(EXERCISE MATERIALS begins)
-- ===== src/Main/Dispatch.antt =====
-- `HandleCom` (app/com.go) on the whole state, with `exec` of app/handlers.go. `i` is the number of the
-- connection. The texts of errors are not kept: `message` stands for the text of the error that a
-- command gives in a state.
use shitty_redis.Base.{ℕ, Bool, true, false, List, [], ◌∷◌}
use shitty_redis.Base.Go.{Bytes, Run, ok, err, panic, stuck, ◌>>=◌}
use shitty_redis.Resp.Wire.{
  resp_encoder, text, texts, nil, simple, simple_err, array, null_bulk_list,
}
use shitty_redis.Command.Fields.{Com, value_at}
use shitty_redis.Command.Name
use shitty_redis.Command.Validate.{Command, command}
use shitty_redis.Txns.Ops
use shitty_redis.Txns.Ops.{World, handle_txn_end, exec_start}
use shitty_redis.Keyspace.Store.{Db, Reply, reply, failed, waiting}
use shitty_redis.Keyspace.Strings
use shitty_redis.Keyspace.Strings.{ok_text}
use shitty_redis.Keyspace.Lists
use shitty_redis.Keyspace.Blocking
use shitty_redis.Keyspace.Args
use shitty_redis.Server.Repl.{Server}
use shitty_redis.Server.Replies
use shitty_redis.Server.Replies.{encoded}

pub record Node : Type 0 where
  pub server : Server
  pub db : Db

-- What the model takes from outside: the clock in milliseconds, the heap in use, the fuel of the
-- loops on streams, which durations `ParseFloat` accepts, the texts of errors, and whether
-- writing the RDB file fails.
pub record Outside : Type 0 where
  pub now : ℕ
  pub alloc : ℕ
  pub fuel : ℕ
  pub parses : Bytes → Bool
  pub message : Com → Node → Bytes
  pub check_message : Bytes → List Bytes → Bytes
  pub rdb_fails : Bool

unfoldable pub on_db : (Db → Run (Reply × Db)) → Node → Run (Reply × Node)
on_db handler node = do (out, db) ← handler node.db; ok (out, record node { db = db })

unfoldable pub put_txns : World → Node → Node
put_txns w node = record node { db = record node.db { txns = w } }

-- A handler of transactions that answers `OK`.
unfoldable pub on_txns : Run World → Node → Run (Reply × Node)
on_txns (ok w) node = do out ← encoded (text ok_text) simple; ok (out, put_txns w node)
on_txns err node = ok (failed, node)
on_txns panic node = panic
on_txns stuck node = stuck

unfoldable pub on_server : Run Reply → Node → Run (Reply × Node)
on_server r node = do out ← r; ok (out, node)

-- The switch, but for `exec`, which no queue holds. An unknown command answers with nothing.
unfoldable pub handle_plain : Outside → ℕ → Command → Com → Node → Run (Reply × Node)
handle_plain out i Command.ping cmd node = on_db Strings.ping node
handle_plain out i Command.echo cmd node = on_db (Strings.echo cmd) node
handle_plain out i Command.get cmd node = on_db (Strings.get cmd) node
handle_plain out i Command.set cmd node = on_db (Strings.set cmd) node
handle_plain out i Command.rpush cmd node = on_db (Lists.rpush cmd) node
handle_plain out i Command.lrange cmd node = on_db (Lists.lrange cmd) node
handle_plain out i Command.lpush cmd node = on_db (Lists.lpush cmd) node
handle_plain out i Command.llen cmd node = on_db (Lists.llen cmd) node
handle_plain out i Command.lpop cmd node = on_db (Lists.lpop cmd) node
handle_plain out i Command.blpop cmd node = on_db (Blocking.blpop cmd) node
handle_plain out i Command.type_of cmd node = on_db (Strings.handle_type cmd) node
handle_plain out i Command.xadd cmd node = on_db (Args.xadd out.now cmd) node
handle_plain out i Command.xrange cmd node = on_db (Args.xrange out.fuel cmd) node
handle_plain out i Command.xread cmd node = on_db (Args.xread out.fuel out.parses cmd) node
handle_plain out i Command.incr cmd node = on_db (Strings.incr cmd) node
handle_plain out i Command.multi cmd node = on_txns (Ops.multi i node.db.txns) node
handle_plain out i Command.exec cmd node = stuck
handle_plain out i Command.discard cmd node = on_txns (Ops.discard i node.db.txns) node
handle_plain out i Command.watch cmd node =
    on_txns (Ops.watch i (value_at Name.keys cmd.args) node.db.txns) node
handle_plain out i Command.unwatch cmd node = on_txns (ok (Ops.unwatch i node.db.txns)) node
handle_plain out i Command.info cmd node = on_server (Replies.info node.server) node
handle_plain out i Command.replconf cmd node = on_server (Replies.replconf cmd node.server) node
handle_plain out i Command.psync cmd node = do
  (r, server) ← Replies.psync node.server
  ok (r, record node { server = server })
handle_plain out i Command.wait cmd node = on_server (Replies.wait node.server) node
handle_plain out i Command.other cmd node = ok (reply [], node)

-- One entry of the answer to `exec`. A handler that waits keeps `exec` waiting, which is not modelled.
unfoldable pub queued_text : Outside → Com → Node → Reply → Run Bytes
queued_text out cmd node (reply b) = ok b
queued_text out cmd node failed = resp_encoder (text (out.message cmd node)) simple_err
queued_text out cmd node (waiting ch) = stuck

unfoldable pub run_queue : Outside → ℕ → List Com → Node → Run (List Bytes × Node)
run_queue out i [] node = ok ([], node)
run_queue out i (cmd ∷ cmds) node = do
  (r, node') ← handle_plain out i (command cmd.base) cmd node
  b ← queued_text out cmd node r
  (res, node'') ← run_queue out i cmds node'
  ok (b ∷ res, node'')

unfoldable pub end_txn : ℕ → Node → Node
end_txn i node = put_txns (handle_txn_end i node.db.txns) node

unfoldable pub exec_run : Outside → ℕ → Run (Bool × World) → Node → Run (Reply × Node)
exec_run out i err node = ok (failed, node)
exec_run out i panic node = panic
exec_run out i stuck node = stuck
exec_run out i (ok (false, w)) node = do r ← encoded nil null_bulk_list; ok (r, put_txns w node)
exec_run out i (ok (true, w)) node = do
  (res, node') ← run_queue out i (node.db.txns.states i).queue node
  r ← encoded (texts res) array
  ok (r, end_txn i node')

unfoldable pub exec : Outside → ℕ → Node → Run (Reply × Node)
exec out i node = exec_run out i (exec_start i node.db.txns) node

unfoldable pub handle_by : Outside → ℕ → Command → Com → Node → Run (Reply × Node)
handle_by out i Command.exec cmd node = exec out i node
handle_by out i c cmd node = handle_plain out i c cmd node

unfoldable pub handle_com : Outside → ℕ → Com → Node → Run (Reply × Node)
handle_com out i cmd node = handle_by out i (command cmd.base) cmd node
(EXERCISE MATERIALS ends)
- **EXERCISE PROMPT**
Which lines run from the one holding "unfoldable pub handle_by" through the one holding "handle_by out i c cmd" in the records above? Repeat them exactly, both included, and nothing more.

- **RESULT BELOW**
unfoldable pub handle_by : Outside → ℕ → Command → Com → Node → Run (Reply × Node)
handle_by out i Command.exec cmd node = exec out i node
handle_by out i c cmd node = handle_plain out i c cmd node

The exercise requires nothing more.